## EXERCISE
Copy out each line of the data that holds the word "parsed".

----- DATA TO PROCESS

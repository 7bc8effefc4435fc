-- ===== src/Payload/Bank.antt =====
-- payload/bank_send_stress.go and payload/bank_multi_send_stress.go. The Cosmos SDK's messages are
-- data here; its signing and encoding are a parameter. An index out of range panics, which is `none`.
use chain_stresser.Common.{
  ℕ, zero, suc, ◌+◌, ◌*◌, Option, none, some, List, [], ◌∷◌, Result, ok, err, if◌then◌else◌, leb,
  length, get_elem?, String,
}
use chain_stresser.Common.Options.{◌>>=◌}
use chain_stresser.Common.Bytes.{Bytes}
use chain_stresser.Common.Int.{ℤ, pos}
use chain_stresser.Payload.Base.{Account, TxRequest, BaseTx, with_bytes}

pub record Coin : Type 0 where
  pub denom : String
  pub amount : ℕ

-- `MsgSend`, and `MsgMultiSend` with one input and its outputs; an address is the key's.
pub data Msg (Addr : Type 0) : Type 0 where
  msg_send : Addr → Addr → List Coin → Msg Addr
  msg_multi_send : Addr × List Coin → List (Addr × List Coin) → Msg Addr

-- `bankSendProvider` and `bankMultiSendProvider`; `num_targets` is used by the latter.
pub record BankProvider : Type 0 where
  pub send_amount : Coin
  pub min_gas_price : Coin
  pub max_gas_limit : ℕ
  pub memo_attach : Bytes
  pub num_targets : ℕ

pub data BankError : Type 0 where
  num_targets_too_small : BankError
  bad_amount : BankError
  bad_min_gas_price : BankError

abbrev pub parsed : BankError → Option Coin → Result BankError Coin
parsed e none = err e
parsed e (some c) = ok c

module _ (parse_coin : Bytes → Option Coin) where
  -- The common part of the two constructors.
  abbrev with_coins : Bytes → Bytes → (Coin → Coin → BankProvider) → Result BankError BankProvider
  with_coins amount price f = elim (parse_coin amount) [
    | none ↦ err bad_amount
    | some a ↦ elim (parse_coin price) [ none ↦ err bad_min_gas_price | some p ↦ ok (f a p) ]
  ]

  unfoldable pub new_bank_send_provider : Bytes → Bytes → Result BankError BankProvider
  new_bank_send_provider price amount = with_coins amount price λ a p. record {
    send_amount = a;
    min_gas_price = p;
    max_gas_limit = 150000;
    memo_attach = [];
    num_targets = 1;
  }

  -- `memo` is 128 random bytes in hexadecimal.
  unfoldable pub new_bank_multi_send_provider :
      Bytes → Bytes → Bytes → ℤ → Result BankError BankProvider
  new_bank_multi_send_provider memo price amount (pos zero) = err num_targets_too_small
  new_bank_multi_send_provider memo price amount (pos (suc n)) = with_coins amount price λ a p.
      record {
        send_amount = a;
        min_gas_price = p;
        max_gas_limit = 18000000;
        memo_attach = memo;
        num_targets = suc n;
      }
  new_bank_multi_send_provider memo price amount (ℤ.negsuc n) = err num_targets_too_small

-- `if toIdx >= len(req.Keys) { toIdx = 0 }`
unfoldable pub target_idx : ℕ → ℕ → ℕ → ℕ
target_idx num_keys from_idx offset =
    if leb num_keys (from_idx + offset) then 0 else from_idx + offset

module _ {Key Addr : Type 0} (address : Key → Addr) where
  abbrev pub unsigned : TxRequest Key → Msg Addr → BaseTx Key (Msg Addr)
  unsigned req m = record {
    from = req.from;
    msgs = m ∷ [];
    tx_bytes = [];
    from_idx = req.from_idx;
    tx_idx = req.tx_idx;
  }

  -- `bankSendProvider.GenerateTx`
  unfoldable pub send_generate_tx : BankProvider → TxRequest Key → Option (BaseTx Key (Msg Addr))
  unfolding target_idx
  send_generate_tx p req = do
    to ← get_elem? req.keys (target_idx (length req.keys) req.from_idx 1)
    some (unsigned req (msg_send (address req.from.key) (address to) (p.send_amount ∷ [])))

  -- `for offset := 1; offset <= p.numTargets; offset++`, from any offset, with the rounds left.
  unfoldable pub outputs_from : Coin → TxRequest Key → ℕ → ℕ → Option (List (Addr × List Coin))
  unfolding target_idx
  outputs_from c req offset zero = some []
  outputs_from c req offset (suc n) = do
    to ← get_elem? req.keys (target_idx (length req.keys) req.from_idx offset)
    rest ← outputs_from c req (suc offset) n
    some ((address to, c ∷ []) ∷ rest)

  -- `bankMultiSendProvider.GenerateTx`
  unfoldable pub multi_send_generate_tx :
      BankProvider → TxRequest Key → Option (BaseTx Key (Msg Addr))
  multi_send_generate_tx p req = do
    outputs ← outputs_from p.send_amount req 1 p.num_targets
    some (
        unsigned req (
          msg_multi_send
            (
              address req.from.key,
              record { denom = p.send_amount.denom; amount = p.send_amount.amount * p.num_targets }
                  ∷ [],
            )
            outputs))

-- `chain.Tx`
pub record ChainTx (M : Type 0) : Type 0 where
  pub msgs : List M
  pub gas_limit : ℕ
  pub fee : List Coin
  pub memo : Bytes

-- `sdk.NewCoins` drops a coin of amount 0.
abbrev pub new_coins : Coin → List Coin
new_coins c = elim c.amount [ zero ↦ [] | suc n ↦ c ∷ [] ]

-- `BuildAndSignTx` of the providers whose transactions are the Cosmos SDK's, which differ in price,
-- gas and memo only; `client.BuildAndSignTx` and `client.Encode` are one parameter.
unfoldable pub sign_chain_tx :
    {Key M : Type 0}
    → (Account Key → ChainTx M → Option Bytes)
    → Coin
    → ℕ
    → Bytes
    → BaseTx Key M
    → Option (BaseTx Key M)
unfolding with_bytes
sign_chain_tx sign min_gas_price max_gas_limit memo t = do
  b ← sign t.from (record {
    msgs = t.msgs;
    gas_limit = max_gas_limit;
    fee =
        new_coins
          (record { denom = min_gas_price.denom; amount = min_gas_price.amount * max_gas_limit });
    memo = memo;
  })
  some (with_bytes b t)

-- `BuildAndSignTx` of the two bank providers.
unfoldable pub build_and_sign_tx :
    {Key M : Type 0}
    → (Account Key → ChainTx M → Option Bytes)
    → BankProvider
    → BaseTx Key M
    → Option (BaseTx Key M)
unfolding sign_chain_tx
build_and_sign_tx sign p t = sign_chain_tx sign p.min_gas_price p.max_gas_limit p.memo_attach t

----------

## RESULT OF THIS TASK
abbrev pub parsed : BankError → Option Coin → Result BankError Coin
parsed e none = err e
parsed e (some c) = ok c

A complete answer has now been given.